◆ **DATA IN THIS EXERCISE**
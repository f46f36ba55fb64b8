-- ===== src/Sync/Switch/Waiting.antt =====
-- Where a thread goes on that waits on a condition variable and was switched away from.
use cross_shim.Base.{
  ℕ, ◌+◌, ◌≡◌, ◌≢◌, refl, true, false, ◌||◌, not, some, List, [], ◌∷◌, arith, ◌==◌, ap, ◌∙◌,
  Bool-cases, Option-cases, inl, inr,
}
use cross_shim.Container.Dict.{lookup}
use cross_shim.Sync.{
  ThreadManager, ThreadContext, EmulatedMutex, blocked, is_blocked, hle_base, update_current,
  block_current_thread, unblock_thread_internal,
}
use cross_shim.Sync.Mutex.{pthread_mutex_unlock, unlock_found, release_mutex, put_mutex}
use cross_shim.Sync.Cond.{pthread_cond_wait, join_cond, put_cond}
use cross_shim.Sync.Cond.Waking.{wait-lookup}
use cross_shim.Sync.Scheduler.{blocking_operation, Host, has_resume_pc, in_hle}
use cross_shim.Sync.Switch.{context_switch}
use cross_shim.Sync.Switch.Resume.{
  processor, update_current-processor, with_registers, parked-resume, switch-lookup,
}

unblock-processor :
    (s : ThreadManager) (t : ℕ) → processor (unblock_thread_internal s t) ≡ processor s
unfolding unblock_thread_internal
unblock-processor s t = elim (Option-cases (lookup t s.threads)) [
  | inl e ↦ rw (unblock_thread_internal, e) refl
  | inr (c, e) ↦ elim (Bool-cases (is_blocked c.state)) [
    | inl asleep ↦ rw (unblock_thread_internal, e, asleep) refl
    | inr awake ↦ rw (unblock_thread_internal, e, awake) refl
  ]
]

release-processor :
    (s : ThreadManager) (p : ℕ) (m : EmulatedMutex) (q : List ℕ)
    → processor (release_mutex s p m q) ≡ processor s
unfolding release_mutex put_mutex
release-processor s p m [] = refl
release-processor s p m (w ∷ q) = unblock-processor _ w

unlock_found-processor :
    (s : ThreadManager) (p : ℕ) (m : EmulatedMutex) → processor (unlock_found s p m).0 ≡ processor s
unfolding unlock_found put_mutex
unlock_found-processor s p m = elim (Bool-cases (not m.is_locked || (m.lock_count == 0))) [
  | inl e ↦ rw (e) refl
  | inr e ↦ elim (Bool-cases (m.lock_count == 1)) [
    | inl once ↦ rw (e, once) (release-processor s p _ m.wait_queue)
    | inr more ↦ rw (e, more) refl
  ]
]

unlock-processor :
    (s : ThreadManager) (p : ℕ) → processor (pthread_mutex_unlock s p).0 ≡ processor s
unfolding pthread_mutex_unlock
unlock-processor s p = elim (Option-cases (lookup p s.mutexes)) [
  | inl e ↦ rw (pthread_mutex_unlock, e) refl
  | inr (m, e) ↦ rw (pthread_mutex_unlock, e) (unlock_found-processor s p m)
]

module _ (hosts : ℕ → Host) (s : ThreadManager) (ptr mutex : ℕ) (c : ThreadContext) where
  wait-processor : processor (pthread_cond_wait s ptr mutex).0 ≡ processor s
  unfolding pthread_cond_wait join_cond put_cond block_current_thread
  wait-processor =
      let saved = update_current (join_cond s ptr) (λ t. record t {
        cond_wait_mutex = mutex;
        cond_wait_return_addr = s.lr;
        pc = hle_base + 0xFFFF4;
      }) in
      update_current-processor (pthread_mutex_unlock saved mutex).0 _
      ∙ unlock-processor saved mutex
      ∙ update_current-processor (join_cond s ptr) _

  -- The entry of a thread that waits on a condition variable.
  abbrev waits_on_cond : ThreadContext
  waits_on_cond = record c {
    state = blocked;
    blocked_on_resource = ptr;
    cond_wait_mutex = mutex;
    cond_wait_return_addr = s.lr;
    pc = hle_base + 0xFFFF4;
  }

  cond_resumes : mutex ≢ 0 → has_resume_pc waits_on_cond blocked ≡ true
  unfolding has_resume_pc in_hle
  cond_resumes real = ground (arith, real)

  -- The thread that runs, which is in the table and not blocked, and which waits on a condition
  -- variable with a mutex at an address that is not 0 and is then taken off the processor by
  -- `context_switch`, whatever happens outside, is blocked on the variable, has its registers saved
  -- but for PC, and will run the resume function, with the mutex to lock again and the address to
  -- return to.
  pub wait_then_switch :
      lookup s.current_thread_id s.threads ≡ some c
      → is_blocked c.state ≡ false
      → mutex ≢ 0
      → lookup s.current_thread_id
          (context_switch hosts (pthread_cond_wait s ptr mutex).0 blocking_operation).threads
        ≡ some (record c {
          state = blocked;
          blocked_on_resource = ptr;
          cond_wait_mutex = mutex;
          cond_wait_return_addr = s.lr;
          pc = hle_base + 0xFFFF4;
          saved_x0 = s.x0;
          saved_lr = s.lr;
          others = s.others;
          block_next_switch = false;
        })
  wait_then_switch at awake real =
      let w' = (pthread_cond_wait s ptr mutex).0 in
      switch-lookup hosts s w' waits_on_cond wait-processor (wait-lookup s ptr mutex c at awake)
        refl
      ∙ ap some (
          parked-resume w' waits_on_cond (cond_resumes real)
          ∙ ap (λ x. with_registers waits_on_cond x waits_on_cond.pc) wait-processor)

◆ **WORK TO COMPLETE**
Count how many lines in the listing above contain the word "ThreadManager", and respond with only that number.

◆ **EXERCISE RESULT**
6